Last weekend in New York a crowd of artists and their friends stormed the stately front steps of the Metropolitan Museum of Art to express a serious grievance. At the Guggenheim Museum the same protesters, on the same mission, rained a shower of paper onto the ground floor level from Frank Lloyd Wright's renowned twisting balconies.
Even when the cause of these demonstrations was explained, it seemed bizarre. These artists were complaining not about questions of art but about the wealthy patrons who support museums. It was probably the first ever demand from artists that museums should investigate the source of the money that supports them. They were raising the issue of the Sackler family, its Purdue Pharma company and their sales of OxyContin.
The chief instigator of the protest, Nan Goldin, is a much-praised photographer, famous for a 1986 book and photo-show, The Ballad of Sexual Dependency. At the Met demonstration Goldin made it clear that this issue is rooted in her own experience. In fact, she's been a victim of the painkiller OxyContin, to the point of dependence. She was prescribed it after surgery for "peace of mind and social calm." She said, "I took it for those reasons and I ended up locked in my room for three years." With some allies she started an activist group, PAIN (Prescription Addiction Intervention Now).
A leaflet distributed at the Metropolitan says: "We love the Met (but) unfortunately this museum is tainted with the blood money of the Sackler family." The Sacklers stand accused of profiting from sales of OxyContin. PAIN suggests that museums, universities and other educational institutions remove the Sackler name from signs and refuse future funding from the family. That would involve a considerable amount of signage removal. Typically, the Met's Gallery of Chinese Stone Sculpture, which opened in 1965, is called the Arthur M. Sackler Gallery.
Goldin believes that their protest at the Met is likely to run a long time. It began a year ago with a comparatively discreet complaint. "We came here a year ago and knocked on the door and the Met has done nothing," she says. "They said they're looking at their gifting policies, but what does that mean? They haven't done anything and we're going to come back until something happens."
The extent of the Sackler family's investments in drugs was noted by the Financial Times last September: "The billionaire Sackler family, which has been blamed for fuelling the U.S. opioid addiction epidemic, owns a second drugmaker that churns out millions of addictive painkiller pills every year. The Sacklers are best known as the owners of Purdue Pharma, the privately held drugmaker that makes the now infamous opioid painkiller OxyContin, which has been described as 'heroin in a pill.'"

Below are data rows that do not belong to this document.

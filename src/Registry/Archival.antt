-- ===== src/Registry/Archival.antt =====
-- Archiving a device takes its access and its certificates away, whatever OpenSSL answers.
use mqtt_trust_gateway.Base.{
  ℕ, ◌+◌, String, Bool, ◌≡◌, refl, true, false, ◌&&◌, none, some, List, [], ◌∷◌, map, ◌===◌, any,
  modify, All, Bool-cases, Option-cases, inl, inr, arith,
}
use mqtt_trust_gateway.Db.{Device, DeviceStatus, Certificate}
use mqtt_trust_gateway.Broker.{
  Gateway, Context, is_active, is_active_certificate, stage_broker, log_action,
}
use mqtt_trust_gateway.Broker.Staging.{stage_broker-db, stage_broker-crl}
use mqtt_trust_gateway.Registry.{
  Openssl, thrown, device_record, archive_device_record, archive_retention_ms,
}
use mqtt_trust_gateway.Registry.Routes.{
  archive_device, archived_db, finish_archive, revoke_archived, block_archived, to_revoke,
}
use mqtt_trust_gateway.Registry.Invariant.{IsWellFormed, DistinctIds, has_id, found_ok}
use mqtt_trust_gateway.Registry.Access.{enabled_in}

-- The certificate is no active one of the device.
abbrev pub IsIdle : String → Certificate → Type 0
IsIdle id c = ((c.device_id === id) && is_active_certificate c.status) ≡ false

blocked-IsIdle :
    (now : ℕ) (id : String) (cs : List Certificate)
    → All (IsIdle id) (map (block_archived now id) cs)
blocked-IsIdle now id [] = tt
blocked-IsIdle now id (c ∷ cs) = (ground arith, blocked-IsIdle now id cs)

revoked-IsIdle :
    (ssl : Openssl) (id : String) (cs : List Certificate) (crl : List String)
    → All (IsIdle id) cs
    → All (IsIdle id) (revoke_archived ssl id cs crl).certificates
unfolding revoke_archived
revoked-IsIdle ssl id [] crl h = tt
revoked-IsIdle ssl id (c ∷ cs) crl h = elim (Bool-cases (to_revoke id c)) [
  | inr skip ↦ rw (skip, revoke_archived) (h.0, revoked-IsIdle ssl id cs crl h.1)
  | inl due ↦ elim (Option-cases (ssl crl c)) [
    | inl refused ↦ rw (due, refused, revoke_archived) h
    | inr (l, e) ↦ rw (due, e, revoke_archived) (ground arith, revoked-IsIdle ssl id cs l h.1)
  ]
]

absent-enabled_in :
    (id : String) (ds : List Device) → has_id id ds ≡ false → enabled_in id ds ≡ false
absent-enabled_in id [] h = refl
absent-enabled_in id (d ∷ ds) h = ground (arith, absent-enabled_in id ds)

-- The device that stood under the identifier is replaced by one without access.
replaced-enabled_in :
    (id : String) (d' : Device) (ds : List Device)
    → d'.enabled ≡ false
    → DistinctIds ds
    → enabled_in id (modify (λ (d : Device). d.id === id) (λ _. d') ds) ≡ false
replaced-enabled_in id d' [] low h = refl
replaced-enabled_in id d' (d ∷ ds) low h =
    ground (arith, replaced-enabled_in id d' ds low h.1, absent-enabled_in id ds)

-- The revocation list holds the serial number.
abbrev pub is_listed : String → List String → Bool
is_listed serial crl = any (λ (s : String). s === serial) crl

-- A certificate that an earlier archive of the device blocked and revoked.
abbrev pub revoked_earlier : (id : String) → List String → Certificate → Bool
revoked_earlier id crl c = to_revoke id c && is_listed c.serial crl

module _ (x : Context) (ssl : Openssl) (id : String) where
  finish_archive-secures :
      (staged : Gateway)
      → enabled_in id staged.db.devices ≡ false
      → All (IsIdle id) staged.db.certificates
      → (enabled_in id (finish_archive x ssl id staged).1.db.devices ≡ false)
        × All (IsIdle id) (finish_archive x ssl id staged).1.db.certificates
  unfolding finish_archive log_action
  finish_archive-secures staged off idle =
      let r = revoke_archived ssl id staged.db.certificates staged.crl in
      let v = revoked-IsIdle ssl id staged.db.certificates staged.crl idle in
      let saved : Gateway = record staged {
        db = record (staged.db) { certificates = r.certificates };
        crl = r.crl;
      } in
      elim (Bool-cases r.finished) [
        | inl all ↦ rw (all, finish_archive, stage_broker-db x true (x.uuid 1) saved) (off, v)
        | inr part ↦ rw (part, finish_archive) (off, v)
      ]

  -- Archiving an active device, confirmed by its identifier, leaves it without access and without an
  -- active certificate, also where OpenSSL refuses a revocation and the route answers with an error.
  pub archive_device-secures :
      (g : Gateway) (d : Device)
      → IsWellFormed g.db
      → device_record g.db id ≡ some d
      → is_active d.status ≡ true
      → (enabled_in id (archive_device x ssl id id g).1.db.devices ≡ false)
        × All (IsIdle id) (archive_device x ssl id id g).1.db.certificates
  unfolding archive_device archive_device_record
  archive_device-secures g d w e active =
      let d' : Device = record d {
        status = DeviceStatus.archived;
        enabled = false;
        trusted = false;
        archived_at = some x.now;
        scheduled_deletion_at = some (x.now + archive_retention_ms);
      } in
      let saved : Gateway = record g { db = archived_db x.now id d' g.db } in
      let staged = stage_broker x true (x.uuid 0) saved in
      let (_, here) = found_ok g.db id d w e in
      let off : enabled_in id staged.db.devices ≡ false =
        rw (stage_broker-db x true (x.uuid 0) saved)
          (replaced-enabled_in id d' g.db.devices refl w.distinct) in
      let idle : All (IsIdle id) staged.db.certificates =
        rw (stage_broker-db x true (x.uuid 0) saved) (blocked-IsIdle x.now id g.db.certificates) in
      ground (arith, e, here, active, finish_archive-secures staged off idle)

  blocked-due :
      (now : ℕ) (crl : List String) (cs : List Certificate)
      → any (revoked_earlier id crl) cs ≡ true
      → any (revoked_earlier id crl) (map (block_archived now id) cs) ≡ true
  blocked-due now crl [] h = h
  blocked-due now crl (c ∷ cs) h = ground (arith, h, blocked-due now crl cs)

  -- `openssl ca -revoke` refuses a certificate that is revoked already, and takes none off the list.
  module _
      (refuses : (l : List String) (c : Certificate) → is_listed c.serial l ≡ true → ssl l c ≡ none)
      (keeps : (l l' : List String) (c : Certificate) (serial : String)
        → ssl l c ≡ some l'
        → is_listed serial l ≡ true
        → is_listed serial l' ≡ true) where
    kept_earlier :
        (l l' : List String) (c : Certificate) (cs : List Certificate)
        → ssl l c ≡ some l'
        → any (revoked_earlier id l) cs ≡ true
        → any (revoked_earlier id l') cs ≡ true
    kept_earlier l l' c [] e h = h
    kept_earlier l l' c (d ∷ ds) e h =
        ground (arith, h, keeps l l' c d.serial e, kept_earlier l l' c ds e)

    revoked_before :
        (cs : List Certificate) (crl : List String)
        → any (revoked_earlier id crl) cs ≡ true
        → (revoke_archived ssl id cs crl).finished ≡ false
    unfolding revoke_archived
    revoked_before [] crl h = cc
    revoked_before (c ∷ cs) crl h = elim (Bool-cases (to_revoke id c)) [
      | inr skip ↦ ground (arith, skip, h, revoked_before cs crl)
      | inl due ↦ elim (Option-cases (ssl crl c)) [
        | inl refused ↦ ground (arith, due, refused)
        | inr (l, e) ↦ elim (Bool-cases (is_listed c.serial crl)) [
          | inl listed ↦ absurd (ground (arith, e, refuses crl c listed))
          | inr fresh ↦
              let rest : any (revoked_earlier id crl) cs ≡ true = ground (arith, due, fresh, h) in
              ground (arith, due, e, revoked_before cs l (kept_earlier crl l c cs e rest))
        ]
      ]
    ]

    -- Where OpenSSL refuses to revoke a certificate twice and takes none off the list, archiving an
    -- active device answers with the error 500 if one of its internal certificates was blocked and
    -- revoked by an earlier archive.
    pub archive_device-again :
        (g : Gateway) (d : Device)
        → IsWellFormed g.db
        → device_record g.db id ≡ some d
        → is_active d.status ≡ true
        → any (revoked_earlier id g.crl) g.db.certificates ≡ true
        → (archive_device x ssl id id g).0 ≡ thrown 500 "revocation failed"
    unfolding archive_device archive_device_record finish_archive
    archive_device-again g d w e active due =
        let d' : Device = record d {
          status = DeviceStatus.archived;
          enabled = false;
          trusted = false;
          archived_at = some x.now;
          scheduled_deletion_at = some (x.now + archive_retention_ms);
        } in
        let saved : Gateway = record g { db = archived_db x.now id d' g.db } in
        let staged = stage_broker x true (x.uuid 0) saved in
        let (_, here) = found_ok g.db id d w e in
        let still : any (revoked_earlier id staged.crl) staged.db.certificates ≡ true =
          rw (stage_broker-db x true (x.uuid 0) saved, stage_broker-crl x true (x.uuid 0) saved)
            (blocked-due x.now g.crl g.db.certificates due) in
        ground (arith, e, here, active, revoked_before staged.db.certificates staged.crl still)
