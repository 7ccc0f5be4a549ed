-- ===== src/Registry/Removal.antt =====
-- Deleting a device: its record goes, its identifier is buried.
use mqtt_trust_gateway.Base.{
  ℕ, ◌+◌, String, ◌≡◌, refl, Bool, true, false, ◌||◌, not, List, [], ◌∷◌, ◌++◌, ◌===◌,
  if◌then◌else◌, filter, All, Bool-cases, inl, inr, arith,
}
use mqtt_trust_gateway.Db.{Db, Device, Certificate, Tombstone}
use mqtt_trust_gateway.Broker.{Gateway, Context, log_action}
use mqtt_trust_gateway.Broker.Staging.{sync_broker-db}
use mqtt_trust_gateway.Registry.{
  Openssl, remove_first, bury, permanently_delete_device, tombstone_for, revoke_related,
}
use mqtt_trust_gateway.Registry.Routes.{purge, purge_expired_archives}
use mqtt_trust_gateway.Registry.Invariant.{
  DeviceOk, WellFormed, IsWellFormed, has_id, is_buried, DistinctIds,
}

abbrev with_tombstone : Tombstone → List Tombstone → List Tombstone
with_tombstone t ts = if is_buried t.id ts then ts else ts ++ t ∷ []

pub is_buried-append :
    (k : String) (t : Tombstone) (ts : List Tombstone)
    → is_buried k (ts ++ t ∷ []) ≡ (is_buried k ts || (t.id === k))
is_buried-append k t [] = ground arith
is_buried-append k t (u ∷ ts) = ground (arith, is_buried-append k t ts)

module _ (t : Tombstone) where
  abbrev rest : List Device → List Device
  rest ds = remove_first (λ (d : Device). d.id === t.id) ds

  has_id-rest : (k : String) (ds : List Device) → has_id k ds ≡ false → has_id k (rest ds) ≡ false
  has_id-rest k [] h = refl
  has_id-rest k (d ∷ ds) h = ground (arith, has_id-rest k ds)

  rest-DistinctIds : (ds : List Device) → DistinctIds ds → DistinctIds (rest ds)
  rest-DistinctIds [] h = tt
  rest-DistinctIds (d ∷ ds) h = ground (arith, rest-DistinctIds ds h.1, has_id-rest d.id ds h.0)

  -- The identifier is gone, since it stood once.
  pub has_id-rest_self : (ds : List Device) → DistinctIds ds → has_id t.id (rest ds) ≡ false
  has_id-rest_self [] h = refl
  has_id-rest_self (d ∷ ds) h = ground (arith, has_id-rest_self ds h.1)

  rest-All : (P : Device → Type 0) (ds : List Device) → All P ds → All P (rest ds)
  rest-All P [] h = tt
  rest-All P (d ∷ ds) h = ground (arith, rest-All P ds h.1)

  still_unburied :
      (ts : List Tombstone) (ds : List Device)
      → has_id t.id ds ≡ false
      → All (λ (d : Device). is_buried d.id ts ≡ false) ds
      → All (λ (d : Device). is_buried d.id (with_tombstone t ts) ≡ false) ds
  still_unburied ts [] h u = tt
  still_unburied ts (d ∷ ds) h u =
      ground (arith, still_unburied ts ds, is_buried-append d.id t ts, u)

  pub rest-WellFormed :
      (ds : List Device) (ts : List Tombstone)
      → WellFormed ds ts
      → WellFormed (rest ds) (with_tombstone t ts)
  rest-WellFormed ds ts w = record {
    devices = rest-All DeviceOk ds w.devices;
    distinct = rest-DistinctIds ds w.distinct;
    unburied =
        still_unburied ts (rest ds) (has_id-rest_self ds w.distinct)
          (rest-All (λ (d : Device). is_buried d.id ts ≡ false) ds w.unburied);
  }

  is_buried-with_tombstone : (ts : List Tombstone) → is_buried t.id (with_tombstone t ts) ≡ true
  is_buried-with_tombstone ts = ground (arith, is_buried-append t.id t ts)

module _ (x : Context) (ssl : Openssl) (revision id actor : String) (defer : Bool)
    (g : Gateway) where
  abbrev deleted : Db
  deleted = (permanently_delete_device x ssl revision id actor defer g).1.db

  abbrev related : List Certificate
  related = filter (λ (c : Certificate). c.device_id === id) g.db.certificates

  abbrev tombstone : Tombstone
  tombstone = tombstone_for x.now actor id related

  abbrev saved : Gateway
  saved = record (revoke_related ssl related g) { db = bury tombstone g.db }

  pub permanently_delete_device-db :
      deleted ≡ (if has_id id g.db.devices then bury tombstone g.db else g.db)
  unfolding permanently_delete_device log_action
  permanently_delete_device-db = ground (arith, sync_broker-db x true defer revision saved)

  pub permanently_delete_device-WellFormed : IsWellFormed g.db → IsWellFormed deleted
  permanently_delete_device-WellFormed w =
      rw permanently_delete_device-db (elim (Bool-cases (has_id id g.db.devices)) [
        | inl here ↦ rw here (rest-WellFormed tombstone g.db.devices g.db.deleted_identities w)
        | inr away ↦ rw away w
      ])

  no_certificates :
      (cs : List Certificate)
      → All
          (λ (c : Certificate). (c.device_id === id) ≡ false)
          (filter (λ (c : Certificate). not (c.device_id === id)) cs)
  no_certificates [] = tt
  no_certificates (c ∷ cs) = ground (arith, no_certificates cs)

  -- Deleting a registered device leaves neither its record nor any of its certificates, and leaves a
  -- tombstone under its identifier.
  pub permanently_delete_device_lem :
      IsWellFormed g.db
      → has_id id g.db.devices ≡ true
      → (has_id id deleted.devices ≡ false)
        × (is_buried id deleted.deleted_identities ≡ true)
        × All (λ (c : Certificate). (c.device_id === id) ≡ false) deleted.certificates
  permanently_delete_device_lem w here =
      rw (permanently_delete_device-db, here)
        (
          has_id-rest_self tombstone g.db.devices w.distinct,
          is_buried-with_tombstone tombstone g.db.deleted_identities,
          no_certificates g.db.certificates,
        )

  -- A tombstone is never taken away.
  pub is_buried-permanently_delete_device :
      (k : String)
      → is_buried k g.db.deleted_identities ≡ true
      → is_buried k deleted.deleted_identities ≡ true
  is_buried-permanently_delete_device k h =
      rw permanently_delete_device-db
        (ground (arith, is_buried-append k tombstone g.db.deleted_identities))

purge-WellFormed :
    (x : Context) (ssl : Openssl) (i : ℕ) (ds : List Device) (g : Gateway)
    → IsWellFormed g.db
    → IsWellFormed (purge x ssl i ds g).db
unfolding purge
purge-WellFormed x ssl i [] g w = w
purge-WellFormed x ssl i (d ∷ ds) g w =
    purge-WellFormed x ssl (i + 1) ds _
      (permanently_delete_device-WellFormed x ssl (x.uuid i) d.id "system:archive-expiry" false g w)

purge-is_buried :
    (x : Context) (ssl : Openssl) (k : String) (i : ℕ) (ds : List Device) (g : Gateway)
    → is_buried k g.db.deleted_identities ≡ true
    → is_buried k (purge x ssl i ds g).db.deleted_identities ≡ true
unfolding purge
purge-is_buried x ssl k i [] g h = h
purge-is_buried x ssl k i (d ∷ ds) g h =
    purge-is_buried x ssl k (i + 1) ds _ (
      is_buried-permanently_delete_device x ssl (x.uuid i) d.id "system:archive-expiry" false g k h)

module _ (x : Context) (ssl : Openssl) (g : Gateway) where
  pub purge_expired_archives-WellFormed :
      IsWellFormed g.db → IsWellFormed (purge_expired_archives x ssl g).db
  unfolding purge_expired_archives
  purge_expired_archives-WellFormed = purge-WellFormed x ssl 0 _ g

  pub is_buried-purge_expired_archives :
      (k : String)
      → is_buried k g.db.deleted_identities ≡ true
      → is_buried k (purge_expired_archives x ssl g).db.deleted_identities ≡ true
  unfolding purge_expired_archives
  is_buried-purge_expired_archives k = purge-is_buried x ssl k 0 _ g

Nan Goldin and PAIN have started what could be a transformation of the way museums are financed. If they have their way, if donors like the Sacklers are eventually shunned, the idea won't stop with drugs. We can imagine that would-be donors to cultural institutions will be investigated for connections with corporations producing military equipment, pipelines and an infinite number of conceivably harmful products. Agencies will be set up to advise fundraisers on just which possible patrons are clean enough to be solicited. Cultural support, not usually a top priority for public grants, will become endlessly more complicated.
Correction: In my column above, discussing the demonstrations against the Metropolitan Museum and the Guggenheim Museum in New York over the issues raised by OxyContin, I erred in my references to the Sackler family and their donations to museums.
I assumed, wrongly, that Arthur M. Sackler financially benefited from the sale of OxyContin and made donations to museums from that profit. But in fact he died in 1987, nearly a decade before OxyContin existed. Shortly after his death, his brothers Mortimer and Raymond purchased his one-third option in Purdue Frederick. Under their ownership, Purdue Frederick and Purdue Pharma brought OxyContin to market in 1996 -- nine years after Arthur's death and the termination of his interest in Purdue. None of the charitable donations made by him or by his widow, Jillian Sackler, in his memory was funded from the sale of OxyContin. This family is not a corporate monolith. The respective wealth and philanthropy of the brothers and their heirs derive from different sources.